Regarding sex of animals, the risk of pathogenic leptospires infection was over twice in males compared to females. In general, natural breeding services have still been widely practiced in cattle and buffalo farming, especially in rural settings. This breeding system was previously identified as a risk factor for leptospirosis transmission [5]. As one male normally copulates with several females, the risk of infection is, therefore, higher in males. Artificial insemination with routine checking for the contamination of pathogenic leptospires should be introduced to the farmer in order to prevent the propagation of the disease by this route. The uroprevalence of pathogenic leptospires in cattle and buffaloes in this study increased with age of animals. This result was in agreement with a previous study conducted in Thailand [20]. However, our analysis on sex and age of animals should be interpreted with cautions due to high proportion of unrecorded data in these variables. The most possible explanation on the association of age and uroprevalence is that the increasing age of animals results in greater risk of exposure to the pathogens as older animals live longer compared to younger animals. Once animals expose to pathogenic leptospires and get infected, the animals may become chronic carriers and may shed the pathogen into environment for months or even years [12], resulting in a long-term source of infections for humans, cattle and other livestock species in the surrounding areas.

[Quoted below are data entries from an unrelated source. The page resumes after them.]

-- ===== src/Tracer/Ring/Steps.antt =====
-- Whatever the order of the steps, no span is lost, doubled or torn.
use oteltracing_c.Base.{
  ℕ, suc, ◌+◌, ◌%◌, ◌^◌, ◌≤◌, ◌<◌, ◌≡◌, refl, sym, subst, ap, ◌∙◌, false, List, [], ◌∷◌, ◌++◌,
  arith,
}
use native.Mathlib.Nat.{mod-mod_of_dvd}
use mathlib.Core.List.{append_assoc}
use oteltracing_c.Base.Lists.{length}
use oteltracing_c.Base.Tests.{leb, ◌==◌}
use oteltracing_c.Span.{Span}
use oteltracing_c.Tracer.Ring.{Ring, used, set_slot, publish}
use oteltracing_c.Tracer.Ring.Queue.{
  IsRing, items, used_lem, items-snoc, items-set_slot, head_slot, length-items,
}
use oteltracing_c.Tracer.Ring.Threads.{
  outside, ready, written, away, looping, Shared, Step, check, refuse, copy, store_head, load, emit,
  store_tail, Steps, stop, then_step, start,
}
use oteltracing_c.Tracer.Ring.Safe.{
  Held, Reached, Safe, Reached-more, before, Held-moved, Held-dropped, stepped,
}

check-Safe :
    {t : Shared} (s : Span)
    → Safe t
    → leb t.ring.capacity (used t.ring) ≡ false
    → Safe (record t { producer = ready s })
check-Safe s v room = record {
  from = v.from;
  done = v.done;
  rest = v.rest;
  ring = v.ring;
  history = v.history;
  producer = ground (arith, used_lem v.ring, room);
  consumer = v.consumer;
}

refuse-Safe :
    {t : Shared} (n : ℕ) → Safe t → Safe (record t { ring = record (t.ring) { dropped = n } })
refuse-Safe {t} n v = record {
  from = v.from;
  done = v.done;
  rest = v.rest;
  ring = record {
    tail = v.ring.tail;
    head = v.ring.head;
    fits = v.ring.fits;
    some_slot = v.ring.some_slot;
    power = v.ring.power;
  };
  history = v.history;
  producer = Held-dropped t.ring n v.from (v.done + v.rest) t.producer v.producer;
  consumer = v.consumer;
}

copy-Safe :
    {t : Shared} (s : Span)
    → (v : Safe t) → v.done + v.rest < t.ring.capacity
    → Safe (record t { ring = set_slot t.ring s; producer = written s })
copy-Safe {t} s v room = record {
  from = v.from;
  done = v.done;
  rest = v.rest;
  ring = record {
    tail = v.ring.tail;
    head = v.ring.head;
    fits = v.ring.fits;
    some_slot = v.ring.some_slot;
    power = v.ring.power;
  };
  history =
      v.history
      ∙ ap (λ l. t.emitted ++ l)
          (sym (
            items-set_slot t.ring s (v.from + v.done) v.rest (v.from + (v.done + v.rest))
              (head_slot v.ring) (omega arith) (omega arith)));
  producer = (room, ground (arith, head_slot v.ring));
  consumer = v.consumer;
}

store_head-Safe :
    {t : Shared} (s : Span)
    → (v : Safe t) → Held t.ring v.from (v.done + v.rest) (written s)
    → Safe
        (record t { ring = publish t.ring; producer = outside; accepted = t.accepted ++ (s ∷ []) })
store_head-Safe {t} s v held =
    let same : v.from + v.done + v.rest ≡ v.from + (v.done + v.rest) = omega arith in
    let newest : t.ring.slots ((v.from + v.done + v.rest) % t.ring.capacity) ≡ s =
      ap (λ n. t.ring.slots (n % t.ring.capacity)) same ∙ held.1 in
    record {
      from = v.from;
      done = v.done;
      rest = suc v.rest;
      ring = record {
        tail = v.ring.tail;
        head = omega (arith, v.ring.head);
        fits = omega (arith, held.0);
        some_slot = v.ring.some_slot;
        power = v.ring.power;
      };
      history =
          ap (λ l. l ++ (s ∷ [])) v.history
          ∙ append_assoc t.emitted (items t.ring (v.from + v.done) v.rest) (s ∷ [])
          ∙ ap (λ l. t.emitted ++ l)
              (sym (
                items-snoc t.ring (v.from + v.done) v.rest
                ∙ ap (λ x. items t.ring (v.from + v.done) v.rest ++ (x ∷ [])) newest));
      producer = tt;
      consumer = Reached-more v.from v.done v.rest t.consumer v.consumer;
    }

load-Safe :
    {t : Shared}
    → (v : Safe t) → v.done ≡ 0
    → Safe (record t { consumer = looping t.ring.tail t.ring.head })
load-Safe v nothing = record {
  from = v.from;
  done = v.done;
  rest = v.rest;
  ring = v.ring;
  history = v.history;
  producer = v.producer;
  consumer = (omega (arith, v.ring.tail, nothing), v.rest, omega arith, omega (arith, v.ring.head));
}

emit-Safe :
    {t : Shared} {tail head : ℕ}
    → (v : Safe t) → Reached v.from v.done v.rest (looping tail head)
    → (tail == head) ≡ false
    → Safe (record t {
      consumer = looping ((tail + 1) % 2 ^ 64) head;
      emitted = t.emitted ++ (t.ring.slots (tail % t.ring.capacity) ∷ []);
    })
emit-Safe {t} {tail} {head} v (at, todo, few, end) more =
    let left : 0 < todo = ground (arith, at, end) in
    let (m, is) = before v.rest (omega arith) in
    let place : tail % t.ring.capacity ≡ (v.from + v.done) % t.ring.capacity =
      ap (λ n. n % t.ring.capacity) at
      ∙ mod-mod_of_dvd t.ring.capacity (v.from + v.done) v.ring.power in
    let count : v.done + v.rest ≡ suc v.done + m = omega (arith, is) in
    let next : v.from + v.done + 1 ≡ v.from + suc v.done = omega arith in
    let oldest = t.ring.slots (tail % t.ring.capacity) in
    record {
      from = v.from;
      done = suc v.done;
      rest = m;
      ring = subst (λ n. IsRing t.ring v.from n) count v.ring;
      history =
          v.history
          ∙ ap (λ n. t.emitted ++ items t.ring (v.from + v.done) n) is
          ∙ ap
              (λ n.
                t.emitted
                ++ (t.ring.slots ((v.from + v.done) % t.ring.capacity) ∷ items t.ring n m))
              next
          ∙ ap (λ i. t.emitted ++ (t.ring.slots i ∷ items t.ring (v.from + suc v.done) m))
              (sym place)
          ∙ sym (append_assoc t.emitted (oldest ∷ []) (items t.ring (v.from + suc v.done) m));
      producer = subst (λ n. Held t.ring v.from n t.producer) count v.producer;
      consumer = stepped v.from v.done left few at end is;
    }

store_tail-Safe :
    {t : Shared} {tail head : ℕ}
    → (v : Safe t) → Reached v.from v.done v.rest (looping tail head)
    → Safe (record t { ring = record (t.ring) { tail = tail }; consumer = away })
store_tail-Safe {t} {tail} v at =
    let place : v.from + v.done ≡ v.from + v.done + 0 = omega arith in
    record {
      from = v.from + v.done;
      done = 0;
      rest = v.rest;
      ring = record {
        tail = at.0;
        head = omega (arith, v.ring.head);
        fits = omega (arith, v.ring.fits);
        some_slot = v.ring.some_slot;
        power = v.ring.power;
      };
      history = v.history ∙ ap (λ n. t.emitted ++ items t.ring n v.rest) place;
      producer = Held-moved t.ring v.from v.done v.rest tail t.producer v.producer;
      consumer = refl;
    }

Step-Safe : {t u : Shared} → Safe t → Step t u → Safe u
Step-Safe v (check s e room) = check-Safe s v room
Step-Safe v (refuse e full) = refuse-Safe _ v
Step-Safe v (copy s e) = copy-Safe s v (rw e at v.producer)
Step-Safe v (store_head s e) = store_head-Safe s v (rw e at v.producer)
Step-Safe v (load e) = load-Safe v (rw e at v.consumer)
Step-Safe v (emit tail head e more) = emit-Safe v (rw e at v.consumer) more
Step-Safe v (store_tail tail head e same) = store_tail-Safe v (rw e at v.consumer)

-- In every interleaving the spans published are those emitted and then those still in the ring.
pub Steps-Safe : {t u : Shared} → Safe t → Steps t u → Safe u
Steps-Safe v stop = v
Steps-Safe v (then_step steps step) = Step-Safe (Steps-Safe v steps) step

-- a ring that is empty and that nothing runs on
pub start-Safe : {r : Ring} (from : ℕ) → IsRing r from 0 → Safe (start r)
start-Safe from v = record {
  from = from;
  done = 0;
  rest = 0;
  ring = v;
  history = refl;
  producer = tt;
  consumer = refl;
}

-- Take an empty ring whose capacity is at most 2^31 and divides 2^64, wherever its cursors stand,
-- and any interleaving of the steps of the thread that ends spans (test of the cursors, copy into
-- the slot, store of head) with those of a drain (load of the cursors, emission of a slot, store
-- of tail). The spans published are then those emitted, in the same order, followed by some that
-- wait, which are no more than the capacity: none is lost, doubled, reordered or overwritten
-- before it is emitted.
pub Steps-in_order :
    {r : Ring} {u : Shared} (from : ℕ)
    → IsRing r from 0
    → Steps (start r) u
    → (waiting : List Span) × (u.accepted ≡ u.emitted ++ waiting)
      × (length waiting ≤ u.ring.capacity)
Steps-in_order {u = u} from v steps =
    let w = Steps-Safe (start-Safe from v) steps in
    (
      items u.ring (w.from + w.done) w.rest,
      w.history,
      omega (arith, length-items u.ring (w.from + w.done) w.rest, w.ring.fits),
    )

Nonetheless, this study is a cross-sectional one which provides a snap shot picture of leptospirosis infection in cattle and buffaloes in Thailand. A longitudinal study is strongly suggested in the future. This type of study may provide a better understanding on the risk factors and seasonal patterns which is beneficial for disease prevention and control. In this study, data recording practices during the field works make our epidemiological analysis less effective as we obtained a large proportion of unrecorded data on sex and age of animals. The problem, occurred, because the study was in a national scale, and therefore, there were many people in different parts of the country involved in the project. A better communication with local field staff and a better data management with consecutive data monitoring would be helpful in maintaining the obtained data in a good order. The improvement on this point would allow us to better explain the association between the observed uroprevalence and study factors. Moreover, the association between leptospirosis in livestock and humans was not investigated in the present study due to limited data on both sides. A collaborated research work among veterinary and medical researchers is proposed to overcome this limitation. The newly generated data from this collaboration may provide us more comprehensive understanding on the links between leptospirosis in humans and animals especially livestock and make it possible to effectively prevent and control the disease.